Top of EXTRACTED MATERIAL
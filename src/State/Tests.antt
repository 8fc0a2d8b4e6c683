-- ===== src/State/Tests.antt =====
-- A restore of two databases over one with its log, and what interrupts it.
use agentops_open_course.State.Safety.Install.{
  InstallsFrom, installed-InstallsFrom, quarantined-InstallsFrom, quarantined-QuarantinesFrom,
}
use agentops_open_course.State.Safety.Publish.{publish_restore-Ends, owed, owed-QuarantinesFrom}
use agentops_open_course.State.Safety.Commit.{failed_commit}
use agentops_open_course.State.Safety.Unwind.{Interrupted}
use agentops_open_course.State.Restore.{
  is_database_name, publish_generation, publish_recorded, unwinding,
}
use agentops_open_course.State.Safety.Invariant.{journal_at}
use agentops_open_course.State.Disk.{after, committed, io_failed}
use agentops_open_course.State.Rollback.{set_restore_phase, cleanup_restore_transaction}
use agentops_open_course.Prelude.{All, true}
use agentops_open_course.State.Restore.{
  discard_directories, publish_staged_databases, rethrow, unwind_journal, unwind_restore, unwinding,
}
use agentops_open_course.State.Safety.Invariant.{
  IsClean, Recoverable, Transaction, old_generation, recorded,
}
use agentops_open_course.State.Rollback.{
  cleanup_restore_transaction, discard_owned_journal_temporary, ensure_quarantine,
  quarantine_old_generation, quarantine_one, reinstate_old_generation, reinstate_one,
  remove_journal, remove_one, remove_published_generation, rollback_restore, set_restore_phase,
}
use agentops_open_course.State.Disk.{
  attempt, drop_place, find, fsync_dir, io, make_directory, move_file, prepared, read_place,
  remove_all, remove_entries, remove_file, rename_file, write_place,
}
use agentops_open_course.State.Journal.{
  create_temporary, publish_temporary, remove_temporary, write_and_sync, write_created,
  write_restore_journal,
}
use agentops_open_course.State.Safety.Convergence.{machine_after}
use agentops_open_course.State.Logic.{Ends, View, machine}
use agentops_open_course.State.Recovery.{
  adopt_candidate, adopt_initial_restore_journal, recover_committed, recover_journal, resume,
}
use agentops_open_course.State.Evidence.{
  all_live, assert_exact_live_inventory, matched_in, named_in, require_complete_generation,
  residue_problem, validate_forward_evidence, validate_live_subset, validate_residue,
  validate_rollback_evidence,
}
use agentops_open_course.State.Safety.Inventories.{inventory_of-Records}
use agentops_open_course.Prelude.{
  ◌≡◌, refl, ℕ, zero, suc, List, [], ◌∷◌, none, some, Text, codes, text_eq,
}
use agentops_open_course.State.Maps.{lookup, put, erase}
use agentops_open_course.State.Disk.{
  Files, Machine, Event, proceeds, fails, crashes, Outcome, returned, raised, crashed, Digest,
  inventory_of,
}
use agentops_open_course.State.Restore.{
  publish_databases, quarantine_current_generation, copy_file_contents, stage_generation,
  publish_prepared, publish_body, publish_restore,
}
use agentops_open_course.State.Recovery.{recover_restore_locked}

-- A hash for the tests: a text is its own.
instance abbrev identity_digest : Digest
identity_digest = record { hash = λ c. c }

abbrev old_files : Files
old_files = (codes "audit.db", 1 ∷ []) ∷ (codes "audit.db-wal", 2 ∷ 2 ∷ []) ∷ []

abbrev new_files : Files
new_files = (codes "audit.db", 3 ∷ []) ∷ (codes "notes.db", 4 ∷ []) ∷ []

abbrev before : Machine
before = record {
  live = old_files;
  staging = [];
  quarantine = [];
  temporary = [];
  journal = none;
  held = none;
}

abbrev repeat : ℕ → Event → List Event → List Event
repeat zero e s = s
repeat (suc n) e s = e ∷ repeat n e s

abbrev live_after : Outcome (Unit {0}) → Files
live_after (returned a m s) = m.live
live_after (raised e m s) = m.live
live_after (crashed m) = m.live

abbrev tx : Text
tx = codes "t"

-- With no fault, the snapshot is live; when the process dies with half of it live, recovery brings
-- the old files back.
runs :
    (live_after (publish_restore new_files tx (inventory_of new_files) before []) ≡ new_files)
    × (live_after (
          recover_restore_locked
            (machine_after (
              publish_restore new_files tx
                (inventory_of new_files)
                before
                (repeat 26 proceeds (crashes ∷ []))))
            [])
        ≡ old_files)
unfolding publish_restore publish_body publish_recorded publish_generation publish_prepared
    stage_generation copy_file_contents inventory_of quarantine_current_generation publish_databases
    publish_staged_databases unwinding rethrow unwind_restore unwind_journal discard_directories
    write_restore_journal write_created create_temporary write_and_sync publish_temporary
    remove_temporary attempt io fsync_dir read_place write_place drop_place make_directory
    rename_file move_file remove_file remove_entries remove_all set_restore_phase
    discard_owned_journal_temporary cleanup_restore_transaction remove_journal
    assert_exact_live_inventory all_live recover_restore_locked recover_journal resume
    adopt_initial_restore_journal adopt_candidate validate_residue residue_problem
    validate_live_subset named_in matched_in require_complete_generation validate_forward_evidence
    validate_rollback_evidence rollback_restore ensure_quarantine quarantine_one
    quarantine_old_generation remove_one remove_published_generation reinstate_one
    reinstate_old_generation recover_committed find lookup put erase text_eq
runs = (refl, refl)

abbrev upgrade : Transaction
upgrade = record {
  id = tx;
  old_files = old_files;
  new_files = new_files;
  old_sorted = ((refl, tt), (tt, tt));
  new_sorted = ((refl, tt), (tt, tt));
  old_inventory = inventory_of old_files;
  new_inventory = inventory_of new_files;
  old_records = inventory_of-Records old_files ((refl, tt), (tt, tt));
  new_records = inventory_of-Records new_files ((refl, tt), (tt, tt));
}

-- The journal is complete under its temporary name.
abbrev unnamed : View
unnamed = record {
  live = old_files;
  staging = some new_files;
  quarantine = some [];
  temporary = recorded upgrade prepared;
  journal = none;
  held = none;
}

abbrev clean : View
clean = record {
  live = old_files;
  staging = none;
  quarantine = none;
  temporary = none;
  journal = none;
  held = none;
}

database_names : All (λ f. is_database_name f.0 ≡ true) new_files
unfolding text_eq
database_names = (refl, (refl, tt))

publish_restore-Ends_example :
    Ends tx
      (λ _. IsClean new_files)
      (Interrupted upgrade)
      (repeat 26 proceeds (crashes ∷ []))
      (publish_restore new_files tx
        (inventory_of new_files)
        (machine tx clean)
        (repeat 26 proceeds (crashes ∷ [])))
publish_restore-Ends_example =
    publish_restore-Ends upgrade clean (repeat 26 proceeds (crashes ∷ []))
      (record { live = refl; staging = refl; quarantine = refl; temporary = refl; journal = refl })
      refl database_names

abbrev quarantined_one : View
quarantined_one = record (owed upgrade) {
  live = erase (codes "audit.db") old_files;
  quarantine = some (put (codes "audit.db") (1 ∷ []) []);
}

abbrev quarantined_all : View
quarantined_all = record quarantined_one {
  live = erase (codes "audit.db-wal") quarantined_one.live;
  quarantine = some (put (codes "audit.db-wal") (2 ∷ 2 ∷ []) (put (codes "audit.db") (1 ∷ []) []));
}

abbrev installed_one : View
installed_one = record quarantined_all {
  live = put (codes "audit.db") (3 ∷ []) quarantined_all.live;
  staging = some (erase (codes "audit.db") new_files);
}

abbrev installed_all : View
installed_all = record installed_one {
  live = put (codes "notes.db") (4 ∷ []) installed_one.live;
  staging = some (erase (codes "notes.db") (erase (codes "audit.db") new_files));
}

installed_all-InstallsFrom : InstallsFrom upgrade [] installed_all
unfolding lookup text_eq
installed_all-InstallsFrom =
    installed-InstallsFrom upgrade (codes "notes.db") (4 ∷ []) [] installed_one refl (
      installed-InstallsFrom upgrade (codes "audit.db") (3 ∷ []) ((codes "notes.db", 4 ∷ []) ∷ [])
        quarantined_all refl
        (quarantined-InstallsFrom upgrade quarantined_all (
          quarantined-QuarantinesFrom upgrade (codes "audit.db-wal") (2 ∷ 2 ∷ []) [] quarantined_one
            refl
            (quarantined-QuarantinesFrom upgrade (codes "audit.db") (1 ∷ [])
              ((codes "audit.db-wal", 2 ∷ 2 ∷ []) ∷ []) (owed upgrade) refl
              (owed-QuarantinesFrom upgrade)))))

failed_commit_example :
    (unwinding tx (
        after
          (set_restore_phase
            (journal_at upgrade prepared)
            committed
            (machine tx installed_all)
            (fails ∷ []))
          (λ _. cleanup_restore_transaction (journal_at upgrade prepared)))
      ≡ raised io_failed
          (machine tx (record installed_all { held = some (journal_at upgrade committed) }))
          [])
    × (installed_all.live ≡ new_files)
    × (installed_all.journal ≡ recorded upgrade prepared)
    × Recoverable upgrade old_generation
        (record installed_all { held = some (journal_at upgrade committed) })
failed_commit_example = failed_commit upgrade installed_all [] installed_all-InstallsFrom refl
Bottom of EXTRACTED MATERIAL
__DESCRIPTION OF THE TASK__
Using the entries above, extract exactly the span from the line with "(quarantined-QuarantinesFrom upgrade (codes" to the line with "Recoverable upgrade old_generation", both lines included; leave out everything else.

__RESPONSE AREA__
            (quarantined-QuarantinesFrom upgrade (codes "audit.db") (1 ∷ [])
              ((codes "audit.db-wal", 2 ∷ 2 ∷ []) ∷ []) (owed upgrade) refl
              (owed-QuarantinesFrom upgrade)))))

failed_commit_example :
    (unwinding tx (
        after
          (set_restore_phase
            (journal_at upgrade prepared)
            committed
            (machine tx installed_all)
            (fails ∷ []))
          (λ _. cleanup_restore_transaction (journal_at upgrade prepared)))
      ≡ raised io_failed
          (machine tx (record installed_all { held = some (journal_at upgrade committed) }))
          [])
    × (installed_all.live ≡ new_files)
    × (installed_all.journal ≡ recorded upgrade prepared)
    × Recoverable upgrade old_generation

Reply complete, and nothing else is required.